WORK REQUEST:
Output only the lines below that start at the line containing "abbrev pub node_version : Node → ℕ" and end at the line containing "admits = λ d n.", with both ends kept.

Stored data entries
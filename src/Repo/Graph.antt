-- ===== src/Repo/Graph.antt =====
-- internal/storage/sqlstore/graph_repo.go
use contrato_core.Base.{
  ℕ, ◌+◌, String, Bool, List, ◌&&◌, ◌||◌, not, any, select, take, ltb, leb, pos, negsuc,
  if◌then◌else◌, ◌==◌, nat_eq, string_eq, pair_eq,
}
use contrato_core.Table.Distinct.{distinct_on}
use contrato_core.Table.History.{latest, has_version}
use contrato_core.Storage.{message, Page, PutOptions, Node, Edge}
use contrato_core.Storage.Server.{World, has_tenant, has_model}
use contrato_core.Repo.Versioned.{Versioned, max_version, check_expected, insert_row}
use contrato_core.Repo.ModelVersions.{default_to, pinned}
use contrato_core.Storage.Exec.{Exec, query, query_row, reject_if, ◌>>=◌, ◌>>◌}

-- The columns (tenant_id, id) of a node.
abbrev pub node_key : Node → String × String
node_key n = (n.tenant_id, n.id)

abbrev pub node_version : Node → ℕ
node_version n = n.version

-- `graph_nodes`, with its primary key and its two foreign keys.
abbrev pub nodes : Versioned Node (String × String)
nodes = record {
  key = node_key;
  version = node_version;
  rows = λ d. d.nodes;
  put = λ rs d. record d { nodes = rs };
  admits = λ d n.
      has_tenant d n.tenant_id
      && (has_model d n.tenant_id n.model_id n.model_version
          && not (any (has_version node_key node_version (node_key n) n.version) d.nodes));
}

unfoldable pub get_node : String → String → Exec Node
get_node tenant_id id = query_row λ w. latest node_key node_version (tenant_id, id) w.db.nodes

node_row : Node → String → ℕ → World → Node
node_row n id v w = record n {
  id = id;
  version = v;
  created_at = w.server.now w.ran;
  updated_at = 0;
}

pub first_node : Node → World → Node
first_node n w = node_row n (w.server.uuid w.ran) 1 w

pub next_node : Node → World → Node
next_node n w = node_row n n.id (max_version nodes (node_key n) w + 1) w

-- The record that is written, once its model is known.
abbrev pub filled_node : Node → String × ℕ → Node
filled_node n m = record n {
  domain = default_to "node" n.domain;
  model_id = m.0;
  model_version = m.1;
  blob = default_to "{}" n.blob;
}

unfoldable pub put_node : Node → PutOptions → Exec Node
unfolding node_row first_node next_node
put_node n opts = do
  reject_if (n.tenant_id == "") (message "tenant_id required")
  reject_if (n.type == "") (message "type required")
  m ← pinned n.tenant_id n.model_id n.model_version
  let n' = filled_node n m
  if n.id == "" then insert_row nodes (first_node n') else do
    check_expected nodes opts.expected_version (node_key n)
    insert_row nodes (next_node n')

-- The columns (tenant_id, from_id, to_id, domain, type) of an edge.
abbrev pub EdgeKey : Type 0
EdgeKey = String × (String × (String × (String × String)))

abbrev pub edge_key : Edge → EdgeKey
edge_key x = (x.tenant_id, (x.from_id, (x.to_id, (x.domain, x.type))))

abbrev pub edge_version : Edge → ℕ
edge_version x = x.version

-- `graph_edges`
abbrev pub edges : Versioned Edge EdgeKey
edges = record {
  key = edge_key;
  version = edge_version;
  rows = λ d. d.edges;
  put = λ rs d. record d { edges = rs };
  admits = λ d x.
      has_tenant d x.tenant_id
      && (has_model d x.tenant_id x.model_id x.model_version
          && not (any (has_version edge_key edge_version (edge_key x) x.version) d.edges));
}

pub next_edge : Edge → World → Edge
next_edge x w = record x {
  version = max_version edges (edge_key x) w + 1;
  created_at = w.server.now w.ran;
  updated_at = 0;
}

abbrev pub filled_edge : Edge → String × ℕ → Edge
filled_edge x m = record x {
  domain = default_to "edge" x.domain;
  model_id = m.0;
  model_version = m.1;
  blob = default_to "{}" x.blob;
}

unfoldable pub put_edge : Edge → PutOptions → Exec Edge
unfolding next_edge
put_edge x opts = do
  reject_if (x.tenant_id == "") (message "tenant_id required")
  reject_if (x.type == "") (message "type required")
  reject_if (x.from_id == "" || x.to_id == "") (message "from_id and to_id required")
  m ← pinned x.tenant_id x.model_id x.model_version
  let x' = filled_edge x m
  check_expected edges opts.expected_version (edge_key x')
  insert_row edges (next_edge x')

-- `limit <= 0 || limit > 500` gives 100.
abbrev pub edge_limit : Page → ℕ
edge_limit page = elim page.limit [
  | pos n ↦ if leb n 0 || ltb 500 n then 100 else n
  | negsuc n ↦ 100
]

abbrev pub leaves : String → String → String → String → Edge → Bool
leaves tenant_id from_id domain type x =
    x.tenant_id == tenant_id && (x.from_id == from_id && (x.domain == domain && x.type == type))

-- `ORDER BY` over the columns of the key; the tenant and the source are the same in all rows.
abbrev pub edge_before : (String → String → Bool) → EdgeKey → EdgeKey → Bool
edge_before before (_, (_, (to, _))) (_, (_, (to', _))) = before to to'

unfoldable pub out_edges : String → String → String → String → Page → Exec (List Edge)
out_edges tenant_id from_id domain type page = query λ w. take (edge_limit page) (
    distinct_on edge_key edge_version (edge_before w.server.before)
      (select (leaves tenant_id from_id (default_to "edge" domain) type) w.db.edges))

ANSWER SECTION:
abbrev pub node_version : Node → ℕ
node_version n = n.version

-- `graph_nodes`, with its primary key and its two foreign keys.
abbrev pub nodes : Versioned Node (String × String)
nodes = record {
  key = node_key;
  version = node_version;
  rows = λ d. d.nodes;
  put = λ rs d. record d { nodes = rs };
  admits = λ d n.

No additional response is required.